You also mention criminal liability for carelessness.  If someone puts a sql server with my name, address, SSN, and CC number in the database attached to the internet and leaves an admin password of "qwerty123", then yes.  This could be considered criminally negligent.  If, however, all best efforts were taken to prevent intrusion or compromise, such as firewalls, data encryption/protection, complex passwords, etc, then we cannot pin all the blame on the corporation or administrators for a compromise.  Hackers/crackers can and will take months or even years to find a weak spot in a network, and no active production network is 100% secure, period.  Hold the data thief criminally liable, not the company that made every effort to protect its consumers.

I'm absolutely interested in differing or agreeing viewpoints. 



An IT Admin's $0.02.  Obviously milage may vary.  No warranty is expressed or implied with this product.  Heads may explode with its use.  This data is proprietary and confidential and should be destroyed if read by anyone, ever.  Don't try this at home.  Be kind, rewind. 


Mar 8, 2009 3:43 PM Ralph DeFrangesco Ralph DeFrangesco  says: in response to JohnL


What a great post, you are way too funny.
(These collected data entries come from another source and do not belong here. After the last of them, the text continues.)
-- ===== src/Recovery/Live/Dispatch.antt =====
-- What is known of the robot when a command of a plan is about to be sent.
use failure_resolver.Robot.Frames.{CommandsFrame}
use failure_resolver.Prelude.{
  ℕ, ◌≡◌, true, false, some, List, [], ◌∷◌, arith, All, refl, ap, String, none, ==→eq, eq_iff,
  Option, str_eq, ◌&&◌, ◌==◌, Bool,
}
use failure_resolver.Json.{Json, obj, Fields, get}
use failure_resolver.Errors.{
  Result, ok, err, ◌>>◌, Ensures, returns, raises, bind-Ensures, raise_if-Ensures, Ensures-ok, Done,
}
use failure_resolver.Runtime.{Runtime}
use failure_resolver.Robot.Pointer.{FlowPointer}
use failure_resolver.Recovery.Target.{as_object}
use failure_resolver.Recovery.Plan.{parse_recovery_plan}
use failure_resolver.Recovery.Plan.Action.{RecoveryAction}
use failure_resolver.Recovery.Plan.Continuation.{RecoveryPlan}
use failure_resolver.Recovery.Checks.{validate_plan_for_flow}
use failure_resolver.Recovery.Checks.Live.{IsLive, validate_plan_for_flow-IsLive}
use failure_resolver.Recovery.Commands.{
  command_requires_confirmation, validate_correction, validate_each,
  validate_corrections_against_commands,
}
use failure_resolver.Recovery.Live.{
  SessionView, same_pointer, same_index, same_text, live_flow, live_frame, as_non_executable,
  require_live_execution_state,
}

-- The robot offers the command, and needs no confirmation for it.
abbrev pub IsUnconfirmed : Fields → RecoveryAction → Type 0
IsUnconfirmed commands a =
    (schema : Fields) × (get a.command commands ≡ obj schema)
    × (command_requires_confirmation a.command a.arguments schema ≡ false)

-- The two pointers are of one frame of one connection, and stand at one step of one Flow.
pub record IsSameStep (a b : FlowPointer) : Type 0 where
  pub generation_eq : a.generation ≡ b.generation
  pub revision_eq : a.revision ≡ b.revision
  pub flow_id_eq : a.flow_id ≡ b.flow_id
  pub status_eq : a.status ≡ b.status
  pub index_eq : a.action_index ≡ b.action_index
  pub command_eq : a.action_command ≡ b.action_command

pub record IsDispatchable (view : SessionView) (p : FlowPointer) (plan : RecoveryPlan)
    (frame : CommandsFrame) : Type 0 where
  pub connected : view.connected ≡ true
  pub generation_eq : view.generation ≡ p.generation
  pub latest : FlowPointer
  pub latest_eq : view.latest_flow ≡ some latest
  pub same : IsSameStep latest p
  pub live : IsLive plan latest
  pub frame_eq : view.latest_commands_frame ≡ some frame
  pub frame_generation : frame.generation ≡ p.generation
  pub unconfirmed : All (IsUnconfirmed frame.commands) plan.corrections

same_index_eq : (a b : Option ℕ) → same_index a b ≡ true → a ≡ b
unfolding same_index
same_index_eq none none h = refl
same_index_eq (some a) (some b) h = ap some (==→eq a b h)
same_index_eq none (some b) h = cc
same_index_eq (some a) none h = cc

same_text_eq : (a b : Option String) → same_text a b ≡ true → a ≡ b
unfolding same_text
same_text_eq none none h = refl
same_text_eq (some a) (some b) h = ap some ((eq_iff a b).0 h)
same_text_eq none (some b) h = cc
same_text_eq (some a) none h = cc

six_true :
    (a b c d e f : Bool)
    → (a && b && c && d && e && f) ≡ true
    → (a ≡ true) × (b ≡ true) × (c ≡ true) × (d ≡ true) × (e ≡ true) × (f ≡ true)
six_true a b c d e f h = ground arith

same_pointer-IsSameStep : (a b : FlowPointer) → same_pointer a b ≡ true → IsSameStep a b
unfolding same_pointer
same_pointer-IsSameStep a b h =
    let (g, r, f, st, i, c) =
      six_true (a.generation == b.generation) (a.revision == b.revision)
        (str_eq a.flow_id b.flow_id) (str_eq a.status b.status)
        (same_index a.action_index b.action_index) (same_text a.action_command b.action_command)
        h in
    record {
      generation_eq = ==→eq _ _ g;
      revision_eq = ==→eq _ _ r;
      flow_id_eq = (eq_iff a.flow_id b.flow_id).0 f;
      status_eq = (eq_iff a.status b.status).0 st;
      index_eq = same_index_eq a.action_index b.action_index i;
      command_eq = same_text_eq a.action_command b.action_command c;
    }

object_eq : (v : Json) {d : Fields} → as_object v ≡ ok d → v ≡ obj d
object_eq (obj d) h = cc
object_eq _ h = cc

live_flow_facts :
    (view : SessionView) (p : FlowPointer) {latest : FlowPointer}
    → live_flow view p ≡ ok latest
    → (view.latest_flow ≡ some latest)
      × (view.connected ≡ true)
      × (view.generation ≡ p.generation)
      × (same_pointer latest p ≡ true)
unfolding live_flow
live_flow_facts view p h = ground arith

live_frame_facts :
    (view : SessionView) (p : FlowPointer) {frame : CommandsFrame}
    → live_frame view p ≡ ok frame
    → (view.latest_commands_frame ≡ some frame) × (frame.generation ≡ p.generation)
unfolding live_frame
live_frame_facts view p h = ground arith

executable : {A : Type 0} (m : Result A) {a : A} → as_non_executable m ≡ ok a → m ≡ ok a
unfolding as_non_executable
executable (ok a) h = h
executable (err e) h = ground arith

module _ (py : Runtime) where
  validate_correction-IsUnconfirmed :
      (a : RecoveryAction) (commands : Fields)
      → Ensures (λ _. IsUnconfirmed commands a) (validate_correction py a commands)
  unfolding validate_correction
  validate_correction-IsUnconfirmed a commands = bind-Ensures _ λ schema e.
      raise_if-Ensures _ _ λ h. bind-Ensures _ λ _ _. always (schema, object_eq _ e, h) _
    where
      always : {P : Type 0} → P → (m : Result Done) → Ensures (λ _. P) m
      always q (ok a) = returns q
      always q (err e) = raises e

  validate_each-IsUnconfirmed :
      (cs : List RecoveryAction) (commands : Fields)
      → Ensures (λ _. All (IsUnconfirmed commands) cs) (validate_each py cs commands)
  unfolding validate_each
  validate_each-IsUnconfirmed [] commands = returns tt
  validate_each-IsUnconfirmed (a ∷ cs) commands = bind-Ensures _ λ done e.
      with_rest (Ensures-ok (validate_correction-IsUnconfirmed a commands) e)
        (validate_each-IsUnconfirmed cs commands)
    where
      with_rest : {P Q : Type 0} {m : Result Done} → P → Ensures (λ _. Q) m → Ensures (λ _. P × Q) m
      with_rest q (returns r) = returns (q, r)
      with_rest q (raises e) = raises e

  validate_corrections-IsUnconfirmed :
      (cs : List RecoveryAction) (frame : CommandsFrame) (g : ℕ)
      → Ensures
          (λ _. All (IsUnconfirmed frame.commands) cs)
          (validate_corrections_against_commands py cs frame g)
  unfolding validate_corrections_against_commands
  validate_corrections-IsUnconfirmed cs frame g =
      raise_if-Ensures _ _ λ h. validate_each-IsUnconfirmed cs frame.commands

-- The two checks behind the live frames, both passed.
checks_passed :
    (py : Runtime) (value : Json) (plan : RecoveryPlan) (latest : FlowPointer)
    (frame : CommandsFrame) (g : ℕ)
    → parse_recovery_plan py value ≡ ok plan
    → Ensures
        (λ _. IsLive plan latest × All (IsUnconfirmed frame.commands) plan.corrections)
        (validate_plan_for_flow plan latest
          >> validate_corrections_against_commands py plan.corrections frame g)
checks_passed py value plan latest frame g parsed = bind-Ensures _ λ _ e.
    passed (validate_plan_for_flow-IsLive py value plan latest parsed e)
      (validate_corrections-IsUnconfirmed py plan.corrections frame g)
  where
    passed : {P Q : Type 0} {m : Result Done} → P → Ensures (λ _. Q) m → Ensures (λ _. P × Q) m
    passed q (returns r) = returns (q, r)
    passed q (raises e) = raises e

require_live-Ensures :
    (py : Runtime) (value : Json) (view : SessionView) (p : FlowPointer) (plan : RecoveryPlan)
    → parse_recovery_plan py value ≡ ok plan
    → Ensures (IsDispatchable view p plan) (require_live_execution_state py view p plan)
unfolding require_live_execution_state
require_live-Ensures py value view p plan parsed = bind-Ensures _ λ latest e1.
    bind-Ensures _ λ frame e2. bind-Ensures _ λ _ e3.
      let (latest_eq, connected, generation_eq, same) = live_flow_facts view p e1 in
      let (frame_eq, frame_generation) = live_frame_facts view p e2 in
      let (live, unconfirmed) =
        Ensures-ok (checks_passed py value plan latest frame p.generation parsed)
          (executable _ e3) in
      returns (record {
        connected = connected;
        generation_eq = generation_eq;
        latest = latest;
        latest_eq = latest_eq;
        same = same_pointer-IsSameStep latest p same;
        live = live;
        frame_eq = frame_eq;
        frame_generation = frame_generation;
        unconfirmed = unconfirmed;
      })

-- If the check before a dispatch passes for a parsed plan, the robot is connected on the pointer's own
-- connection, its latest Flow frame shows the same step as the pointer and is the live Flow that the
-- plan was pinned to, its latest spec is of that connection too, and every correction is in that
-- spec and needs no confirmation there.
pub require_live_execution_state-IsDispatchable :
    (py : Runtime) (value : Json) (view : SessionView) (p : FlowPointer) (plan : RecoveryPlan)
    {frame : CommandsFrame}
    → parse_recovery_plan py value ≡ ok plan
    → require_live_execution_state py view p plan ≡ ok frame
    → IsDispatchable view p plan frame
require_live_execution_state-IsDispatchable py value view p plan parsed h =
    Ensures-ok (require_live-Ensures py value view p plan parsed) h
I like your points. I think we are on to something here. If we think this way, I am sure that there are a lot more poeple that feel the same way. So, if we tell two people and they tell two people about this, then that's at least twenty people. Please keep the comments coming!


Mar 11, 2009 10:34 AM Hank Hank  says: in response to Ralph DeFrangesco

I guess I take a different view since I have been burned! Make them wear the scarlet letter, publish them in the newspaper, radio, TV, whatever. When you go to a site and enter data, you expect that it will be protected. If they don't protect it, then they should pay. Like you said, I bet you see fewer sites being broken in to.